Dataset entries
=== Begin Enclosure ===
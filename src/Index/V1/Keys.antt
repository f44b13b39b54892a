-- ===== src/Index/V1/Keys.antt =====
-- The order of the keys in a file of repo/content/index/index_v1.go, and the search for one.
use kopia.Prelude.{
  ℕ, zero, suc, ◌≤◌, ◌<◌, ◌≡◌, refl, inl, inr, Bool, true, false, not, List, [], ◌∷◌, Option, none,
  some, length, get_elem?, arith, All, Ordering, Bool-cases, ltb, ltb→lt,
}
use kopia.Index.ContentId.{content_id_to_bytes, compare_bytes, is_lt}
use kopia.Index.Info.{Info}
use kopia.Index.Search.{First}
use kopia.Index.V1.Reader.{content_id_bytes_greater_or_equal}

abbrev pub key_of : Info → List ℕ
key_of it = content_id_to_bytes [] it.content_id

-- strictly ascending keys
abbrev pub IsSorted : List Info → Type 0
IsSorted [] = Unit
IsSorted (x ∷ xs) = All (λ y. compare_bytes (key_of x) (key_of y) ≡ Ordering.lt) xs × IsSorted xs

pub All-get_elem? {ℓ κ} :
    {A : Type ℓ} (P : A → Type κ) (xs : List A) (i : ℕ) (x : A)
    → All P xs
    → get_elem? xs i ≡ some x
    → P x
All-get_elem? P [] i x a e = absurd (no_elem e)
  where
    no_elem : Path (Option _) none (some x) → ⊥
    no_elem e = cc
All-get_elem? P (y ∷ xs) zero x a e = let same : y ≡ x = cc in rw (← same) a.0
All-get_elem? P (y ∷ xs) (suc i) x a e = All-get_elem? P xs i x a.1 e

compare_bytes_refl : (a : List ℕ) → compare_bytes a a ≡ Ordering.eq
unfolding compare_bytes
compare_bytes_refl [] = refl
compare_bytes_refl (x ∷ a) = ground (arith, compare_bytes_refl a)

-- what is not below a key is not below any that is below the key
pub not_below_trans :
    (a b t : List ℕ)
    → compare_bytes a b ≡ Ordering.lt
    → is_lt (compare_bytes a t) ≡ false
    → is_lt (compare_bytes b t) ≡ false
unfolding compare_bytes
not_below_trans [] [] t h k = absurd (ground (arith, h))
not_below_trans [] (y ∷ b) [] h k = refl
not_below_trans [] (y ∷ b) (z ∷ t) h k = absurd (ground (arith, k))
not_below_trans (x ∷ a) [] t h k = absurd (ground (arith, h))
not_below_trans (x ∷ a) (y ∷ b) [] h k = refl
not_below_trans (x ∷ a) (y ∷ b) (z ∷ t) h k = ground (arith, h, k, not_below_trans a b t)

pub sorted_pair :
    (cs : List Info) (i j : ℕ) (a b : Info)
    → IsSorted cs
    → i < j
    → get_elem? cs i ≡ some a
    → get_elem? cs j ≡ some b
    → compare_bytes (key_of a) (key_of b) ≡ Ordering.lt
sorted_pair [] i j a b s lt e f = absurd (ground (arith, e))
sorted_pair (c ∷ cs) i zero a b s lt e f = absurd (omega (arith, lt))
sorted_pair (c ∷ cs) zero (suc j) a b s lt e f =
    let same : c ≡ a = cc in
    rw (← same)
      (All-get_elem? (λ y. compare_bytes (key_of c) (key_of y) ≡ Ordering.lt) cs j b s.0 f)
sorted_pair (c ∷ cs) (suc i) (suc j) a b s lt e f =
    sorted_pair cs i j a b s.1 (omega (arith, lt)) e f

-- the test of the search at an index
abbrev pub tests_true : List ℕ → Option Info → Bool
tests_true target none = false
tests_true target (some it) = content_id_bytes_greater_or_equal (key_of it) target

pub get_elem?-below {ℓ} :
    {A : Type ℓ} (xs : List A) (i : ℕ) → i < length xs → (x : A) × (get_elem? xs i ≡ some x)
get_elem?-below [] i h = absurd (omega (arith, h))
get_elem?-below (x ∷ xs) zero h = (x, refl)
get_elem?-below (x ∷ xs) (suc i) h = get_elem?-below xs i (omega (arith, h))

pub get_elem?-lt {ℓ} :
    {A : Type ℓ} (xs : List A) (i : ℕ) (x : A) → get_elem? xs i ≡ some x → i < length xs
get_elem?-lt [] i x e = absurd (ground (arith, e))
get_elem?-lt (y ∷ xs) zero x e = omega arith
get_elem?-lt (y ∷ xs) (suc i) x e = omega (arith, get_elem?-lt xs i x e)

differ : (b : Bool) → b ≡ true → b ≡ false → ⊥
differ b h k = ground (arith, h, k)

is_false : (b : Bool) → not b ≡ true → b ≡ false
is_false b h = ground (arith, h)

module _ (cs : List Info) (s : IsSorted cs) (target : List ℕ) where
  abbrev pub tested : ℕ → Bool
  tested i = tests_true target (get_elem? cs i)

  pub tested-monotone : (i j : ℕ) → i ≤ j → j < length cs → tested i ≡ true → tested j ≡ true
  tested-monotone i j le lt h =
      let (a, ea) = get_elem?-below cs i (omega (arith, le, lt)) in
      let (b, eb) = get_elem?-below cs j lt in
      elim (Bool-cases (ltb i j)) [
        | inr q ↦ let same : i ≡ j = ground (arith, q, le) in rw (← same) h
        | inl q ↦
            rw
              (
                eb,
                not_below_trans (key_of a) (key_of b) target
                    (sorted_pair cs i j a b s (ltb→lt i j q) ea eb) (is_false _ (rw ea at h)),
              )
              refl
      ]

  -- the first index at which the test holds is that of the key
  pub First-index :
      (p q : ℕ) (it : Info)
      → First (length cs) tested p
      → get_elem? cs q ≡ some it
      → key_of it ≡ target
      → p ≡ q
  First-index p q it f e same =
      let inside = get_elem?-lt cs q it e in
      let hit : tested q ≡ true = rw (e, same, compare_bytes_refl target) refl in
      elim (Bool-cases (ltb q p)) [
        | inl r ↦ absurd (differ (tested q) hit (f.below q (ltb→lt q p r)))
        | inr r ↦ elim (Bool-cases (ltb p q)) [
          | inr r' ↦ ground (arith, r, r')
          | inl r' ↦
              let lt = ltb→lt p q r' in
              let (a, ea) = get_elem?-below cs p (omega (arith, lt, inside)) in
              let below : compare_bytes (key_of a) target ≡ Ordering.lt =
                rw same at (sorted_pair cs p q a it s lt ea e) in
              let found : content_id_bytes_greater_or_equal (key_of a) target ≡ true =
                rw ea at (f.here (omega (arith, lt, inside))) in
              absurd
                (differ (content_id_bytes_greater_or_equal (key_of a) target) found (rw below refl))
        ]
      ]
=== End Enclosure ===
> _Exercise description_: Report, from the entries above, each line where "differ" is found.

> _Task solution_:
differ : (b : Bool) → b ≡ true → b ≡ false → ⊥
differ b h k = ground (arith, h, k)
        | inl r ↦ absurd (differ (tested q) hit (f.below q (ltb→lt q p r)))
                (differ (content_id_bytes_greater_or_equal (key_of a) target) found (rw below refl))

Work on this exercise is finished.